[Collected data]
----------
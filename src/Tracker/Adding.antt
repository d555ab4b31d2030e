-- ===== src/Tracker/Adding.antt =====
-- exec_ops/simple_tracker/tracker.go: the matched detections of one frame.
use skyhookml.Prelude.{
  contains, Distinct, contains-append, ◌==◌, nat_eq, text_eq, pair_eq, ℕ, zero, suc, ◌<◌, ◌≡◌, refl,
  sym, ap, ◌∙◌, inl, inr, Bool, true, false, some, List, [], ◌∷◌, ◌++◌, arith, Bool-cases, ◌>>=◌,
  get_elem?, set, get_elem?-set_ne,
}
use skyhookml.Data.Detection.{Detection}
use skyhookml.Tracker.{State, add_matches}
use skyhookml.Tracker.Columns.{match_rows, match_cols}
use skyhookml.Tracker.Frames.{track_ids, IsFrame, track_ids-append, add_match-IsFrame}

-- The rows have tracks and the columns detections, of which none has a match yet.
abbrev pub AllFree : List ℕ → List ℕ → List Bool → ℕ → List (ℕ × ℕ) → Type 0
AllFree ids out matched next [] = Unit
AllFree ids out matched next ((i, j) ∷ matches) =
    ((id : ℕ) × (get_elem? ids i ≡ some id) × (id < next) × (contains out id ≡ false))
    × (get_elem? matched j ≡ some false)
    × AllFree ids out matched next matches

get_elem?-contains : (ids : List ℕ) (i id : ℕ) → get_elem? ids i ≡ some id → contains ids id ≡ true
get_elem?-contains [] i id e = cc
get_elem?-contains (j ∷ ids) zero id e = ground (arith, e, nat_eq.test_iff j id)
get_elem?-contains (j ∷ ids) (suc i) id e = ground (arith, get_elem?-contains ids i id e)

get_elem?-Distinct :
    (ids : List ℕ) (i k id : ℕ)
    → Distinct ids
    → get_elem? ids i ≡ some id
    → get_elem? ids k ≡ some id
    → i ≡ k
get_elem?-Distinct [] i k id d e f = cc
get_elem?-Distinct (j ∷ ids) zero zero id d e f = refl
get_elem?-Distinct (j ∷ ids) (suc i) (suc k) id d e f =
    ap suc (get_elem?-Distinct ids i k id d.1 e f)
get_elem?-Distinct (j ∷ ids) zero (suc k) id d e f =
    absurd (ground (arith, e, d.0, get_elem?-contains ids k id f))
get_elem?-Distinct (j ∷ ids) (suc i) zero id d e f =
    absurd (ground (arith, f, d.0, get_elem?-contains ids i id e))

-- The other matches stay free after a match.
AllFree-step :
    (ids out : List ℕ) (matched : List Bool) (next i j id : ℕ) (matches : List (ℕ × ℕ))
    → Distinct ids
    → get_elem? ids i ≡ some id
    → contains (match_rows matches) i ≡ false
    → contains (match_cols matches) j ≡ false
    → AllFree ids out matched next matches
    → AllFree ids (out ++ id ∷ []) (set matched j true) next matches
AllFree-step ids out matched next i j id [] d e row col all = tt
AllFree-step ids out matched next i j id ((r, c) ∷ matches) d e row col all =
    let (other, found, lt, fresh) = all.0 in
    (
      (
        other,
        found,
        lt,
        ground (
          arith,
          contains-append out (id ∷ []) other,
          fresh,
          nat_eq.test_iff id other,
          different other found,
        ),
      ),
      get_elem?-set_ne matched true
            (λ same. absurd (ground (arith, col, same, nat_eq.test_iff c j)))
          ∙ all.1,
      AllFree-step ids out matched next i j id matches d e (ground (arith, row))
          (ground (arith, col)) all.2,
    )
  where
    different : (other : ℕ) → get_elem? ids r ≡ some other → (id == other) ≡ false
    different other found = elim (Bool-cases (id == other)) [
      | inr unequal ↦ unequal
      | inl equal ↦
          let id≡ = (nat_eq.test_iff id other).0 equal in
          let same = get_elem?-Distinct ids i r id d e (found ∙ ap some (sym id≡)) in
          absurd (ground (arith, row, same, nat_eq.test_iff r i))
    ]

pub add_matches-IsFrame :
    {S : Type 0} (frame_idx : ℕ) (ids : List ℕ) (dlist : List (Detection S))
    (matches : List (ℕ × ℕ)) (s : State S)
    → IsFrame dlist s
    → Distinct ids
    → Distinct (match_rows matches)
    → Distinct (match_cols matches)
    → AllFree ids (track_ids s.ndetections) s.matched s.next_track_id matches
    → (t : State S) × (add_matches frame_idx ids dlist matches s ≡ some t) × IsFrame dlist t
unfolding add_matches
add_matches-IsFrame frame_idx ids dlist [] s f d rows cols all = (s, refl, f)
add_matches-IsFrame frame_idx ids dlist ((i, j) ∷ matches) s f d rows cols all =
    let (id, found, lt, fresh) = all.0 in
    let (det, t, run, f', id≡, out≡, matched≡, next≡) =
      add_match-IsFrame frame_idx ids dlist i j id s f found lt fresh all.1 in
    let free =
      AllFree-step ids (track_ids s.ndetections) s.matched s.next_track_id i j id matches d found
        rows.0 cols.0 all.2 in
    let outs : track_ids t.ndetections ≡ track_ids s.ndetections ++ id ∷ [] =
      ap track_ids out≡
      ∙ track_ids-append s.ndetections det
      ∙ ap (λ n. track_ids s.ndetections ++ n ∷ []) id≡ in
    let free' : AllFree ids (track_ids t.ndetections) t.matched t.next_track_id matches =
      rw (outs, matched≡, next≡) free in
    let (end, rest, g) =
      add_matches-IsFrame frame_idx ids dlist matches t f' d rows.1 cols.1 free' in
    (end, ap (λ r. r >>= λ x. add_matches frame_idx ids dlist matches x) run ∙ rest, g)
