-- ===== src/Tracker/OneToOne.antt =====
-- exec_ops/simple_tracker/tracker.go: ExtractMatches gives one-to-one matches of good scores.
use skyhookml.Prelude.{
  contains, Distinct, ◌==◌, nat_eq, text_eq, pair_eq, ℕ, zero, suc, ◌+◌, ◌≡◌, refl, sym, ap, subst,
  ◌∙◌, inl, inr, true, false, ◌||◌, Option, none, some, List, [], ◌∷◌, ◌++◌, arith, eqb, Bool-cases,
  ◌>>=◌, length, get_elem?, set, replicate, length-replicate, length-set,
}
use skyhookml.Tracker.{
  row_max, Params, Candidate, Outside, place, col_max, cell_list, cells, extract_matches,
}
use skyhookml.Tracker.Matches.{
  IsWide, IsWide-get_elem?, get_elem?-lt, get_elem?-some, Scored, RowAt, RowsAt, IsTransitive,
  row_max-RowsAt, zero_add,
}
use skyhookml.Tracker.Columns.{
  match_rows, ColAt, ColsAt, ColsAt-weaken, ColsAt-set, ColsAt-bound, set-rows, IsPlaced,
  match_cols, ColsAt-Distinct,
}

module _ {S : Type 0} (o : Outside S) (params : Params S) where
  tail-Distinct :
      (i : ℕ) (cell : Option (ℕ × ℕ)) (rest rest' : List (ℕ × ℕ))
      → ((k : ℕ)
          → contains (match_rows rest') k ≡ true
          → ((i == k) || contains (match_rows rest) k) ≡ true)
      → Distinct (match_rows (cell_list o params cell ++ rest))
      → contains (match_rows (cell_list o params cell ++ rest)) i ≡ false
      → (Distinct (match_rows rest)
          → contains (match_rows rest) i ≡ false
          → Distinct (match_rows rest'))
      → Distinct (match_rows (cell_list o params cell ++ rest'))
  unfolding cell_list
  tail-Distinct i none rest rest' within d fresh next = next d fresh
  tail-Distinct i (some (r, j)) rest rest' within d fresh next = (
    ground (arith, within r, d.0, fresh, nat_eq.test_iff i r, nat_eq.test_iff r i),
    next d.1 (ground (arith, fresh)),
  )

  new-Distinct :
      (i j : ℕ) (cell : Option (ℕ × ℕ)) (rest : List (ℕ × ℕ))
      → Distinct (match_rows (cell_list o params cell ++ rest))
      → contains (match_rows (cell_list o params cell ++ rest)) i ≡ false
      → Distinct (i ∷ match_rows rest)
  unfolding cell_list
  new-Distinct i j none rest d fresh = (fresh, d)
  new-Distinct i j (some (r, l)) rest d fresh = (ground (arith, fresh), d.1)

  set-Distinct :
      (i j n : ℕ) (score : S) (cols : List (Candidate S))
      → Distinct (match_rows (cells o params cols))
      → contains (match_rows (cells o params cols)) i ≡ false
      → Distinct
          (match_rows (cells o params (set cols n (record { cell = some (i, j); score = score }))))
  unfolding cells cell_list
  set-Distinct i j n score [] d fresh = tt
  set-Distinct i j zero score (c ∷ cols) d fresh =
      new-Distinct i j c.cell (cells o params cols) d fresh
  set-Distinct i j (suc n) score (c ∷ cols) d fresh =
      tail-Distinct i c.cell (cells o params cols)
        (cells o params (set cols n (record { cell = some (i, j); score = score })))
        (set-rows o params [] i j n score cols) d fresh (set-Distinct i j n score cols)

  module _ (matrix : List (List S)) (wide : ℕ) (is_wide : IsWide wide matrix) where
    place-IsPlaced :
        (i : ℕ) (cell : Option (ℕ × ℕ)) (score : S) (cols : List (Candidate S))
        → RowAt o params matrix i cell score
        → IsPlaced o params matrix wide i cols
        → (cols' : List (Candidate S)) × (place o params cell
              (record { cell = cell; score = score })
              cols
            ≡ some cols')
          × IsPlaced o params matrix wide (i + 1) cols'
    unfolding place
    place-IsPlaced i none score cols at p = (
      cols,
      refl,
      record {
        at = ColsAt-weaken o params matrix i 0 cols p.at;
        distinct = p.distinct;
        width = p.width;
      },
    )
    place-IsPlaced i (some (r, j)) score cols at p =
        let (row, found, in_row, above) = at.1 in
        let lt = get_elem?-lt row j score in_row in
        let row_wide = IsWide-get_elem? wide matrix r row is_wide found in
        let (old, e) = get_elem?-some cols j (omega (arith, lt, row_wide, p.width)) in
        let new : Candidate S = record { cell = some (r, j); score = score } in
        let fresh = ColsAt-bound o params matrix i 0 cols p.at in
        elim (Bool-cases (o.gt score old.score)) [
          | inr lower ↦ (
            cols,
            rw (e, lower) refl,
            record {
              at = ColsAt-weaken o params matrix i 0 cols p.at;
              distinct = p.distinct;
              width = p.width;
            },
          )
          | inl higher ↦ (
            set cols j new,
            rw (e, higher) refl,
            record {
              at =
                  ColsAt-set o params matrix (i + 1) 0 j cols new
                    (ColsAt-weaken o params matrix i 0 cols p.at)
                    (omega arith, omega (arith, at.0), at.1);
              distinct = set-Distinct r j j score cols p.distinct (
                  subst (λ n. contains (match_rows (cells o params cols)) n ≡ false) (sym at.0)
                    fresh);
              width = length-set cols j new ∙ p.width;
            },
          )
        ]

    col_max-IsPlaced :
        (i : ℕ) (candidates cols : List (Candidate S))
        → RowsAt o params matrix i candidates
        → IsPlaced o params matrix wide i cols
        → (cols' : List (Candidate S)) × (bound : ℕ) × (col_max o params candidates cols
            ≡ some cols')
          × IsPlaced o params matrix wide bound cols'
    unfolding col_max
    col_max-IsPlaced i [] cols rows p = (cols, i, refl, p)
    col_max-IsPlaced i (c ∷ candidates) cols rows p =
        let (cols', run, p') = place-IsPlaced i c.cell c.score cols rows.0 p in
        let (end, bound, rest, q) = col_max-IsPlaced (i + 1) candidates cols' rows.1 p' in
        (end, bound, ap (λ r. r >>= λ cs. col_max o params candidates cs) run ∙ rest, q)

    replicate-ColsAt :
        (n j : ℕ)
        → ColsAt o params matrix 0 j (replicate n (record { cell = none; score = o.zero_score }))
    replicate-ColsAt zero j = tt
    replicate-ColsAt (suc n) j = (tt, replicate-ColsAt n (j + 1))

    cells-replicate :
        (n : ℕ) → cells o params (replicate n (record { cell = none; score = o.zero_score })) ≡ []
    unfolding cells cell_list
    cells-replicate zero = refl
    cells-replicate (suc n) = cells-replicate n

  module _ (matrix : List (List S)) where
    -- Every match is a cell of the matrix whose score is above the minimum.
    abbrev pub AllScored : List (ℕ × ℕ) → Type 0
    AllScored [] = Unit
    AllScored ((i, j) ∷ matches) =
        ((score : S) × Scored o params matrix i j score) × AllScored matches

    head-AllScored :
        (bound j : ℕ) (cell : Option (ℕ × ℕ)) (score : S) (rest : List (ℕ × ℕ))
        → ColAt o params matrix bound j cell score
        → AllScored rest
        → AllScored (cell_list o params cell ++ rest)
    unfolding cell_list
    head-AllScored bound j none score rest at all = all
    head-AllScored bound j (some (r, k)) score rest at all = ((score, at.2), all)

    cells-AllScored :
        (bound j : ℕ) (cols : List (Candidate S))
        → ColsAt o params matrix bound j cols
        → AllScored (cells o params cols)
    unfolding cells
    cells-AllScored bound j [] at = tt
    cells-AllScored bound j (c ∷ cols) at =
        head-AllScored bound j c.cell c.score (cells o params cols) at.0
          (cells-AllScored bound (j + 1) cols at.1)

  -- On a matrix whose rows have one length, ExtractMatches does not panic, and its matches are
  -- cells of the matrix with scores above the minimum, no two of them in a row or in a column. The
  -- comparison of scores is transitive.
  pub extract_matches_lem :
      (matrix : List (List S)) (wide : ℕ)
      → IsTransitive o.gt
      → IsWide wide matrix
      → (matches : List (ℕ × ℕ)) × (extract_matches o params matrix ≡ some matches)
        × AllScored matrix matches
        × Distinct (match_rows matches)
        × Distinct (match_cols matches)
  unfolding extract_matches
  extract_matches_lem [] wide trans is_wide = ([], refl, tt, tt, tt)
  extract_matches_lem (row ∷ rest) wide trans is_wide = elim (Bool-cases (eqb (length row) 0)) [
    | inl empty ↦ ([], rw empty refl, tt, tt, tt)
    | inr some_col ↦
        let matrix = row ∷ rest in
        let (cols, bound, run, p) =
          col_max-IsPlaced matrix wide is_wide 0 (row_max o params 0 matrix)
            (replicate (length row) (record { cell = none; score = o.zero_score }))
            (row_max-RowsAt o params matrix trans 0 matrix
              (λ k r e. subst (λ n. get_elem? matrix n ≡ some r) (zero_add k) e))
            (record {
              at = replicate-ColsAt matrix wide is_wide (length row) 0;
              distinct =
                  subst (λ ms. Distinct (match_rows ms))
                    (sym (cells-replicate matrix wide is_wide (length row))) tt;
              width = length-replicate (length row) _ ∙ is_wide.0;
            }) in
        (
          cells o params cols,
          rw (some_col, run) refl,
          cells-AllScored matrix bound 0 cols p.at,
          p.distinct,
          ColsAt-Distinct o params matrix bound 0 cols p.at,
        )
  ]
----------
**TRY IT**:
Find "where" in the preceding records. Copy each line that holds it.

**EXERCISE SOLUTION**:
  where
module _ {S : Type 0} (o : Outside S) (params : Params S) where
  module _ (matrix : List (List S)) (wide : ℕ) (is_wide : IsWide wide matrix) where
  module _ (matrix : List (List S)) where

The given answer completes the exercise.